_Aim of the task_
Copy out each line below in which the string "then" appears.

Dataset items:
..........
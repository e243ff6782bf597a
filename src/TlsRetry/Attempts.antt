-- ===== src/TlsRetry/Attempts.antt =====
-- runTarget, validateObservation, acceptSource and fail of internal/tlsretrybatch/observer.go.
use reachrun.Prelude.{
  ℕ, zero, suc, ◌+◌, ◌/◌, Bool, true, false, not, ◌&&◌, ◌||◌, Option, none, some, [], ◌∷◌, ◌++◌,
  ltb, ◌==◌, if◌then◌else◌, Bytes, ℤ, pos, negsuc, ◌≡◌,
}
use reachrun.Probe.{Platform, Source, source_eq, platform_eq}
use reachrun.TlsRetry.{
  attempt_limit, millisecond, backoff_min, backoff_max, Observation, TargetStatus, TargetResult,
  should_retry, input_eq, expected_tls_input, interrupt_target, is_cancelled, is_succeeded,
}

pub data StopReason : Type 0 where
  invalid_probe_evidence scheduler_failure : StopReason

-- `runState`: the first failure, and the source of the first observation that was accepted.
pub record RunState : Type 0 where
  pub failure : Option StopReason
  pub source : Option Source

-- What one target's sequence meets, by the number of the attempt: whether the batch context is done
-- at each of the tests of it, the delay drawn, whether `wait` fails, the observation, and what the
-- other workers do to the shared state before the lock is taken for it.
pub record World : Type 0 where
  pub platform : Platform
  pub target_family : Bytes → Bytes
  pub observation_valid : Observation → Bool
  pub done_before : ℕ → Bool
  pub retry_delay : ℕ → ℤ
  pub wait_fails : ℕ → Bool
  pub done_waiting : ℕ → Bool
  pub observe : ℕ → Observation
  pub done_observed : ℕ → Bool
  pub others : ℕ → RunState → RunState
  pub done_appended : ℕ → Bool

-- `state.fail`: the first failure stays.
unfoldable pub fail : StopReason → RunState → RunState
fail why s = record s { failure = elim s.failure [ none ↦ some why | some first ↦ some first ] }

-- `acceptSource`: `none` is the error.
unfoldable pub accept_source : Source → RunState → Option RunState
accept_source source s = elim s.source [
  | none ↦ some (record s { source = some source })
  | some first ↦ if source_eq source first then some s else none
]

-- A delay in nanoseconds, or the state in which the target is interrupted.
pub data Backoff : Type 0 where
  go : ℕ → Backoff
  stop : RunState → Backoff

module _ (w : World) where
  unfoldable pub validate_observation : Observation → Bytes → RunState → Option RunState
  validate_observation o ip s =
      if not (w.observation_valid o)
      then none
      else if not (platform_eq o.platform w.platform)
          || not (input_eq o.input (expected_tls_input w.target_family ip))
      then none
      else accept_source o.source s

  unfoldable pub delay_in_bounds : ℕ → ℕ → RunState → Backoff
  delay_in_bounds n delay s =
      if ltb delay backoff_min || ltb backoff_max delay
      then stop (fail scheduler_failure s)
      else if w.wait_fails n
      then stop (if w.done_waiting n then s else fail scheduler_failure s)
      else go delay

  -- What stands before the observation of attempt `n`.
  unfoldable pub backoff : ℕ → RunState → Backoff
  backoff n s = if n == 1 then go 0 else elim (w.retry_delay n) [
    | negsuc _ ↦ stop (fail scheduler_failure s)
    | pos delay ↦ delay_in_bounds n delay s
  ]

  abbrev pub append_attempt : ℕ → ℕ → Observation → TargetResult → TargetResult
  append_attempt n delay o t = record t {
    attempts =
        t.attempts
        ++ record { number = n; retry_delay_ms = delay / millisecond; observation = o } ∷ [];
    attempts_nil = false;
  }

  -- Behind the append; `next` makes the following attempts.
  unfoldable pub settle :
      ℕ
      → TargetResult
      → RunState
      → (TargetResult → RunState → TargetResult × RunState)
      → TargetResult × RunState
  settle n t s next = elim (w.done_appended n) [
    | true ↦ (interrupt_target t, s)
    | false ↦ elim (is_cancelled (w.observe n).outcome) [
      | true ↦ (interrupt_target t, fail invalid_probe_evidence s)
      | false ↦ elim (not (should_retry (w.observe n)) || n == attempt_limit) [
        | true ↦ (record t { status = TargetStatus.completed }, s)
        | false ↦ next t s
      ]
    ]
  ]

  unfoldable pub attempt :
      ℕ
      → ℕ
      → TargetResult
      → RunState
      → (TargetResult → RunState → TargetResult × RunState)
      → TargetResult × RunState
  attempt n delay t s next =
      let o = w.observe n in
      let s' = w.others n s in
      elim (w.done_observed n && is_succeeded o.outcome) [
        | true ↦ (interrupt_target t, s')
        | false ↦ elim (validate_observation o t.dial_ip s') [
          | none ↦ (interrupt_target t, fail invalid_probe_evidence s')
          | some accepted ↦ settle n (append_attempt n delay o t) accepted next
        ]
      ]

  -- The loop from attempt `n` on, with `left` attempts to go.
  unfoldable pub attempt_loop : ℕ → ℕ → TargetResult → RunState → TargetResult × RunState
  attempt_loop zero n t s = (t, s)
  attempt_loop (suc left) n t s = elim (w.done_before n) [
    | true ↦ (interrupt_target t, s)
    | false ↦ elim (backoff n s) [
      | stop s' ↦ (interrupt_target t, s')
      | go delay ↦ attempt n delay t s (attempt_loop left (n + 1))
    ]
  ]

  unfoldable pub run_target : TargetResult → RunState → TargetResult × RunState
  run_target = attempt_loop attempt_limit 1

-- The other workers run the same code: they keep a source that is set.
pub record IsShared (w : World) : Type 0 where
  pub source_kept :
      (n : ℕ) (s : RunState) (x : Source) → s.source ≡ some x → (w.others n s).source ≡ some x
..........
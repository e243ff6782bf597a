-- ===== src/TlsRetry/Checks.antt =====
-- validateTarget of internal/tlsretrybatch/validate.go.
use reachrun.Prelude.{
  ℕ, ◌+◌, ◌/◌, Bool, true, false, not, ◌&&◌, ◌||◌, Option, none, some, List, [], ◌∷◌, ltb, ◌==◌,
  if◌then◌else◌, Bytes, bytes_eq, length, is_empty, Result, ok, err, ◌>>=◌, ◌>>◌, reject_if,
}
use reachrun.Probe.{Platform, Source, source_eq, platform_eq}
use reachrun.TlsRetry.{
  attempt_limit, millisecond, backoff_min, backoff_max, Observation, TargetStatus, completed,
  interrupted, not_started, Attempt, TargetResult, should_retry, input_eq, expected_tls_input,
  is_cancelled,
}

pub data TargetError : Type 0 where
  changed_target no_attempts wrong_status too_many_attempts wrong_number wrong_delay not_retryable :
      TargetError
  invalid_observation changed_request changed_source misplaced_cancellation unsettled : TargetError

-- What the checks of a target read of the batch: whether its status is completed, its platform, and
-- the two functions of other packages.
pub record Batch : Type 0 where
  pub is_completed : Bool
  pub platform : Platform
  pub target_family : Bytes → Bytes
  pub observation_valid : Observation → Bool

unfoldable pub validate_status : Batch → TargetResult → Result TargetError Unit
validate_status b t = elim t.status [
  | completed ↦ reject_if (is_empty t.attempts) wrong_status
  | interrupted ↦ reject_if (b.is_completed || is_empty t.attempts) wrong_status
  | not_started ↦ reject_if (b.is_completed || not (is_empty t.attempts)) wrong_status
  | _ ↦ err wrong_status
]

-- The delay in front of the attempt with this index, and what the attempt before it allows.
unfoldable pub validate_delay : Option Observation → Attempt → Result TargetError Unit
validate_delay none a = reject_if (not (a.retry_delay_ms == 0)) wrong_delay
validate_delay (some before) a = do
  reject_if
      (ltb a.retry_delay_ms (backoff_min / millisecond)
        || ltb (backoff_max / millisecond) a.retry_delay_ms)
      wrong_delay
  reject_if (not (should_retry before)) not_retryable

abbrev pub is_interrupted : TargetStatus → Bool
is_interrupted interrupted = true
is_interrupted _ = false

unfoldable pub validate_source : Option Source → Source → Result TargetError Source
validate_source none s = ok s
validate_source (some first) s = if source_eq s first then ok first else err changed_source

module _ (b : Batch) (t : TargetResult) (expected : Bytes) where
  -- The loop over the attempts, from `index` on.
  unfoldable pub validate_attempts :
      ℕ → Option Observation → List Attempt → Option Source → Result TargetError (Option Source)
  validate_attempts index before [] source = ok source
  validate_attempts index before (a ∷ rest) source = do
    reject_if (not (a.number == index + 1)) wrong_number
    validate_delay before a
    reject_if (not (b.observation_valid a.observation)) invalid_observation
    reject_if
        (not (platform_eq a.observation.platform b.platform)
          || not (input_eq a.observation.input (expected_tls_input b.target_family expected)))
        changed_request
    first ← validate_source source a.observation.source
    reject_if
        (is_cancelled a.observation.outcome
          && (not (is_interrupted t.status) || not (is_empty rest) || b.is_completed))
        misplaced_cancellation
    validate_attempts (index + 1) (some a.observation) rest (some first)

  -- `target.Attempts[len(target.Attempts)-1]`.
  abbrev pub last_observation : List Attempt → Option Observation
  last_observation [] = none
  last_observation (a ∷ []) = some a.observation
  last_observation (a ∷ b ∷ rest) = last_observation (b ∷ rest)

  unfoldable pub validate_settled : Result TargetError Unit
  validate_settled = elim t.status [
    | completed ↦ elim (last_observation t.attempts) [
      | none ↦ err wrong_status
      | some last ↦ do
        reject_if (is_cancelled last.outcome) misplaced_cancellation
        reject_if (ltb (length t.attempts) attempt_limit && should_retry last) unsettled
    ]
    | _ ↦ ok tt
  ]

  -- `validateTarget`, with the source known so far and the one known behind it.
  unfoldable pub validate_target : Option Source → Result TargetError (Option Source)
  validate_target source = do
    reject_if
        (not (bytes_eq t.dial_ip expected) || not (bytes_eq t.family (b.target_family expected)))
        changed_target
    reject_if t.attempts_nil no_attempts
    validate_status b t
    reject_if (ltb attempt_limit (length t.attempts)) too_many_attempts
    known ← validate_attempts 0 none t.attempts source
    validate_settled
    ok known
..........
_Solved exercise_
  ltb, ◌==◌, if◌then◌else◌, Bytes, ℤ, pos, negsuc, ◌≡◌,
  | some first ↦ if source_eq source first then some s else none
      then none
      then none
      then stop (fail scheduler_failure s)
      then stop (if w.done_waiting n then s else fail scheduler_failure s)
  backoff n s = if n == 1 then go 0 else elim (w.retry_delay n) [
  if◌then◌else◌, Bytes, bytes_eq, length, is_empty, Result, ok, err, ◌>>=◌, ◌>>◌, reject_if,
validate_source (some first) s = if source_eq s first then ok first else err changed_source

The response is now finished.